LEIGH ANNE COUCH
The poet wants her to die, wants a bullet to find her temple. He writes in the margin with unnecessary pressure, her temple is like a thumbprint. The poet doesn’t want her to suffer. He wants pain and shutdown to be exact: a storm’s flash and roar stacking its violence overhead. But the poet can’t get the bullet out of the gun. He’s not stupid. That bullet’s got to be going pretty fast to shatter the car window and her skull. Maybe a killer waits at her exit; she slows down to read his cardboard sign, thinks, this man looks shattered, wonders, how does a puppy lose a leg. Oh, how the poet wants her to die and he doesn’t have to have a reason. Not enough people actually die in poems, not enough to account for all the dying found there. The poet, like her, just wants it to happen. He is bored with his own meager protestations that it’s not better to have loved. He is tired of the buff and shine. Most of all he is tired of words in the way all the time. The long white hallway of the page taunts him with more precision, more contact, and he just scrawls his graffiti: she sleeps the sleep of a petty thief, he scratches it out, she sleeps the sleep of a newborn. She is someone he could love. He aims the gun and fires.

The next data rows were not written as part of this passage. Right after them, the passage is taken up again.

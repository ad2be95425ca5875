-- ===== src/Remote/Signature.antt =====
-- crates/treesync/src/remote/delta.rs: the description of a file, block by block. The digest of the
-- crate `blake3` is a parameter. A file is read through a loop that fills a block or meets the end,
-- so the model takes the file's bytes; the fuel is their number.
pub mod Blocks
pub mod Wire
use treesync.Prelude.{
  ℕ, zero, suc, ◌+◌, List, [], ◌∷◌, Bool, ltb, leb, length, take, drop, if◌then◌else◌,
}
use treesync.FilePath.{Bytes}
use treesync.Remote.Rolling.{digest}
use treesync.Remote.Rolling

abbrev pub strong_len : ℕ
strong_len = 16

-- `strong`: the front of the digest of a block.
abbrev pub strong : (Bytes → Bytes) → Bytes → Bytes
strong blake3 block = take strong_len (blake3 block)

pub record BlockSig : Type 0 where
  pub weak : ℕ
  pub strong : Bytes

pub record Signature : Type 0 where
  pub block_size : ℕ
  pub blocks : List BlockSig

unfoldable pub describe : (Bytes → Bytes) → Bytes → BlockSig
unfolding digest Rolling.new
describe blake3 block = record { weak = digest (Rolling.new block); strong = strong blake3 block }

-- The loop of `signature_of`: a block that cannot be filled ends it.
unfoldable pub blocks_of : (Bytes → Bytes) → ℕ → ℕ → Bytes → List BlockSig
unfolding describe
blocks_of blake3 block_size zero content = []
blocks_of blake3 block_size (suc fuel) content =
    let rest = blocks_of blake3 block_size fuel (drop block_size content) in
    if ltb (length content) block_size then [] else describe blake3 (take block_size content) ∷ rest

unfoldable pub signature_of : (Bytes → Bytes) → ℕ → Bytes → Signature
unfolding blocks_of
signature_of blake3 block_size content = record {
  block_size = block_size;
  blocks = blocks_of blake3 block_size (length content) content;
}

Driving to work, the way is smooth,
each exit an opening. Others
pull over to watch like she’s a parade.
Before, the day was reluctant to take
her in, even the road resisted.
Before, it was enough to dictate
herself point A to point B, surprise
with point C, a video or soft-serve ice cream,
enough to plan her day aloud
like employee and CEO in one:
a paper-chain life of then, then, then.
You’ve seen her, the kind who does time
on the front end of hope, keeping it
trimmed, manageable, forcing the bloom.
She’s the subject, always in the room,
but loath to interfere, yes, loath,
these words cling to her like cat hair.
A bunker of good cheer, behind her
eyes you can almost see the mime’s
hands busily securing the box
keeping her from you. But today
she’s tuned to a different frequency.
The world will “toss her a bone,” and not
just with the absence of obstacles, a real
invitation, a sign she’s welcome here.
Her hands seize and whiten on the wheel,
fall awkwardly to her lap, everything in her
tightening, heavy with wonder at the last
event: to press the gas to the floor.
Then all sensations disperse like sparrows
flushed out by hounds, then the generator’s hum
ceases, then the oil derrick in her chest
slows its bowing up and down, then
the economical car nearly paid off
lists into the median, scrapes the guardrail
without enough force to spark, the car
stops moving, the engine doesn’t, radio
news drones on. Having no
idea how tired she’d become—
by her own dreams put to sleep.
Pulling slowly back onto
the freeway in early morning traffic,
she’s shaken, embarrassed, not a mark
on her of your ever having been there.